Есть видео в YouTube, это они сами снимали. Мы его немножко воспроизвели, переработав под нашу декорацию.

– У женщин, которые работали в этом магазине, похищали детей. Зачем это делают? Продают на органы, незаконно усыновляют? В фильме нет ответа на этот вопрос.

У меня тоже нет ответа. И нет ответа ни у полицейских, ни у бывших работниц, которые потеряли своих детей, они не знают, куда они делись.

– И у вас нет догадок?

Хозяйка говорила Бакие, что ее дочь умерла. Хотя бы покажите могилу, где пропала, куда делась, почему? Нет ответа, куда девались эти дети. Наверное, должно быть следствие.

– Очень громкая история, но почему не возбуждают дело? Понятно, что взятки, но все-таки это не коррупция на уровне Кремля, а всего лишь магазин в спальном районе. Почему, несмотря на такой резонанс, никто не наказан?

Дело не возбуждают из-за отсутствия состава преступления – таков официальный ответ. Я видел штук 10 отказов. Поэтому подана жалоба в ЕСПЧ. Почему не заводится дело – такой же вопрос, ответа нет. Возможно, решение ЕСПЧ, а также наш фильм что-то сдвинут, но не факт.

– ЕСПЧ работает медленно. Оттуда есть известия?

Они подали в 2016 году, прошло 6 лет, в прошлом декабре дело начали рассматривать. Сам факт, что дело взято в рассмотрение, означает, что будет решение. Каким оно будет, мы, конечно, не знаем, но надеемся, что это ближайший год.

Михаил Бородин

– Что было самое сложное во время съемок? Вынужденный перерыв из-за узбекской цензуры?

Сложно было найти настоящий магазин в доме, мы снимали в реальной локации. Сложно было работать с артистами, которые наполовину профессиональные, наполовину нет. Авторское кино на сложные темы делать в принципе сложно, но, тем не менее, мы все получили удовольствие от этого процесса, мы понимали, что занимаемся важным делом. На что-то пожаловаться не могу. Да, узбекская цензура немножко нам потрепала нервы.

– Вы же снимали еще и узбекское посольство и памятник Каримову в Москве.

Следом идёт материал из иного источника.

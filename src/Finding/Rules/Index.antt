-- ===== src/Finding/Rules/Index.antt =====
-- internal/finding/decision.go: the keys of the maps in `Decide`.
use ssc_init.Base.{
  ◌≡◌, sym, inl, inr, Bool-cases, some, List, [], ◌∷◌, arith, Text, text_eq, text_eq→eq, Dict, get,
  put, keys, Member, IsKeyed, put-IsKeyed,
}
use ssc_init.Model.{Asset, Finding}
use ssc_init.Finding.Rules.{index_assets, outranks, index_findings}

module _ {V : Type 0} where
  -- A key that is read is one of the keys.
  pub get-keys : (key : Text) (d : Dict V) (v : V) → get key d ≡ some v → Member key (keys d)
  unfolding get
  get-keys key [] v h = cc
  get-keys key ((k, w) ∷ d) v h = elim (Bool-cases (text_eq k key)) [
    | inl t ↦ inl (sym (text_eq→eq k key t))
    | inr f ↦ inr (get-keys key d v (ground arith))
  ]

pub index_assets-IsKeyed :
    (d : Dict Asset) (assets : List Asset)
    → IsKeyed (λ a. a.id) d
    → IsKeyed (λ a. a.id) (index_assets d assets)
unfolding index_assets
index_assets-IsKeyed d [] h = h
index_assets-IsKeyed d (a ∷ rest) h =
    index_assets-IsKeyed (put a.id a d) rest (put-IsKeyed (λ (a : Asset). a.id) a d h)

pub index_findings-IsKeyed :
    (d : Dict Finding) (items : List Finding)
    → IsKeyed (λ f. f.asset_id) d
    → IsKeyed (λ f. f.asset_id) (index_findings d items)
unfolding index_findings
index_findings-IsKeyed d [] h = h
index_findings-IsKeyed d (x ∷ rest) h = elim (Bool-cases (outranks x (get x.asset_id d))) [
  | inl t ↦ rw t (
      index_findings-IsKeyed (put x.asset_id x d) rest
        (put-IsKeyed (λ (f : Finding). f.asset_id) x d h))
  | inr f ↦ rw f (index_findings-IsKeyed d rest h)
]
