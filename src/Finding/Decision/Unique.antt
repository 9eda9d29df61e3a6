-- ===== src/Finding/Decision/Unique.antt =====
-- internal/finding/decision.go: the assets that the decisions of `Decide` are about.
use ssc_init.Base.{
  ◌≡◌, ◌≢◌, refl, sym, ◌∙◌, ◌⊎◌, inl, inr, lt, Bool-cases, Option, Option-cases, none, some, List,
  [], ◌∷◌, arith, All, All-map, Text, compare_text, compare_text-IsLawful, get, Pairs,
  sort_by-Pairs, IsAscending, IsKeyed, empty-IsKeyed, sorted_set-IsAscending,
}
use ssc_init.Model.{Asset, Finding}
use ssc_init.Finding.Rules.{Runtime, DecisionInput, Facts, facts, is_known_malicious}
use ssc_init.Finding.Rules.Index.{index_assets-IsKeyed, index_findings-IsKeyed}
use ssc_init.Finding.Decision.{
  policy_finding, decide_violation, decide_known, decide_rest, decide_prior, decide_one, decide_all,
  ordered_ids, decide,
}

-- The assets and the prior findings are held under their own IDs.
pub record AreKeyed (f : Facts) : Type 0 where
  pub assets : IsKeyed (λ a. a.id) f.assets
  pub existing : IsKeyed (λ x. x.asset_id) f.existing

module _ (rt : Runtime) where
  pub facts-AreKeyed : (input : DecisionInput) → AreKeyed (facts rt input)
  unfolding facts
  facts-AreKeyed input = record {
    assets = index_assets-IsKeyed [] input.inventory.assets (empty-IsKeyed (λ (a : Asset). a.id));
    existing =
        index_findings-IsKeyed [] input.findings (empty-IsKeyed (λ (x : Finding). x.asset_id));
  }

  module _ (input : DecisionInput) where
    -- A decision for a known asset names the asset, or is the prior finding.
    decide_known_names :
        (f : Facts) (asset : Asset) (id : Text) (prior : Option Finding) (x : Finding)
        → decide_known rt input f asset id prior ≡ some x
        → (x.asset_id ≡ asset.id) ⊎ (prior ≡ some x)
    unfolding decide_known decide_violation policy_finding
    decide_known_names f asset id prior x h = ground arith

    rest_names :
        (f : Facts) (id : Text) (prior : Option Finding) (x : Finding) (o : Option Asset)
        → ((a : Asset) → o ≡ some a → a.id ≡ id)
        → decide_rest rt input f o id prior ≡ some x
        → (x.asset_id ≡ id) ⊎ (prior ≡ some x)
    unfolding decide_rest
    rest_names f id prior x none k h = inr h
    rest_names f id prior x (some a) k h = elim (decide_known_names f a id prior x h) [
      | inl e ↦ inl (e ∙ k a refl)
      | inr e ↦ inr e
    ]

    prior_names :
        (f : Facts) (id : Text) (x : Finding) (o : Option Asset) (p : Option Finding)
        → ((a : Asset) → o ≡ some a → a.id ≡ id)
        → ((y : Finding) → p ≡ some y → y.asset_id ≡ id)
        → decide_prior rt input f o id p ≡ some x
        → x.asset_id ≡ id
    unfolding decide_prior
    prior_names f id x o none k l h = elim (rest_names f id none x o k h) [ inl e ↦ e | inr e ↦ cc ]
    prior_names f id x o (some y) k l h = elim (Bool-cases (is_known_malicious y.verdict)) [
      | inl t ↦ ground (arith, l y refl)
      | inr n ↦ elim (rest_names f id (some y) x o k (ground arith)) [
        | inl e ↦ e
        | inr e ↦ ground (arith, l y refl)
      ]
    ]

    pub decide_one_names :
        (f : Facts) (id : Text) (x : Finding)
        → AreKeyed f
        → decide_one rt input f id ≡ some x
        → x.asset_id ≡ id
    unfolding decide_one
    decide_one_names f id x k h =
        prior_names f id x (get id f.assets) (get id f.existing) (k.assets id) (k.existing id) h

lt-ne : (a b : Text) → compare_text a b ≡ lt → a ≢ b
lt-ne a b h = λ e. ground (arith, compare_text-IsLawful.flip a a)

-- Two decisions about different assets.
abbrev pub Differ : Finding → Finding → Type 0
Differ x y = x.asset_id ≢ y.asset_id

module _ (rt : Runtime) (input : DecisionInput) (f : Facts) (k : AreKeyed f) where
  -- The decisions for IDs above a bound are about assets above it.
  decide_all-above :
      (b : Text) (ids : List Text)
      → All (λ y. compare_text b y ≡ lt) ids
      → All (λ (x : Finding). compare_text b x.asset_id ≡ lt) (decide_all rt input f ids)
  unfolding decide_all
  decide_all-above b [] h = tt
  decide_all-above b (id ∷ ids) h = elim (Option-cases (decide_one rt input f id)) [
    | inl e ↦ rw e (decide_all-above b ids h.1)
    | inr (x, e) ↦ rw e (rw (decide_one_names rt input f id x k e) h.0, decide_all-above b ids h.1)
  ]

  decide_all-Pairs : (ids : List Text) → IsAscending ids → Pairs Differ (decide_all rt input f ids)
  unfolding decide_all
  decide_all-Pairs [] h = tt
  decide_all-Pairs (id ∷ ids) h = elim (Option-cases (decide_one rt input f id)) [
    | inl e ↦ rw e (decide_all-Pairs ids h.1)
    | inr (x, e) ↦ rw e (
      All-map (λ (y : Finding). compare_text id y.asset_id ≡ lt) (Differ x)
          (decide_all rt input f ids)
          (λ y q. rw (decide_one_names rt input f id x k e) (lt-ne id y.asset_id q))
          (decide_all-above id ids h.0),
      decide_all-Pairs ids h.1,
    )
  ]

-- `Decide` returns at most one decision for each asset ID.
pub decide-Pairs : (rt : Runtime) (input : DecisionInput) → Pairs Differ (decide rt input)
unfolding decide ordered_ids
decide-Pairs rt input =
    sort_by-Pairs (λ l r. compare_text l.id r.id) Differ (λ a b ne e. ne (sym e))
      (decide_all rt input (facts rt input) (ordered_ids (facts rt input)))
      (decide_all-Pairs rt input (facts rt input) (facts-AreKeyed rt input)
        (ordered_ids (facts rt input)) (sorted_set-IsAscending _))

Я делал это для зрителей из Центральной Азии

Когда я однажды потерял паспорт, отправился в консульство там сбоку. Мы снимали экстерьер в консульстве, а интерьер воспроизвели. Памятник там стоит, можно прийти и снимать, московская кинокомиссия нам очень помогла.

– Вы гражданин Узбекистана?

Бывший.

– Может такой фильм выйти на узбекские экраны?

Это так же, как и с разрешением на съемку. Тот же самый комитет, который принимает эти решения. Другой вопрос прокатчик, если он найдется, будет ему интересно бороться с этими ветряными мельницами или нет?

– Можете представить реакцию узбекских зрителей?

На самом деле я делал это для зрителей из Центральной Азии. Я тоже из Центральной Азии, прожил там большую часть своей жизни, не теряю с ней связь. Каждый год езжу, снимаю фильмы. Отец и мать там живут. Может быть, прокат будет в Казахстане. Может быть, в России придут мигранты и посмотрят этот фильм.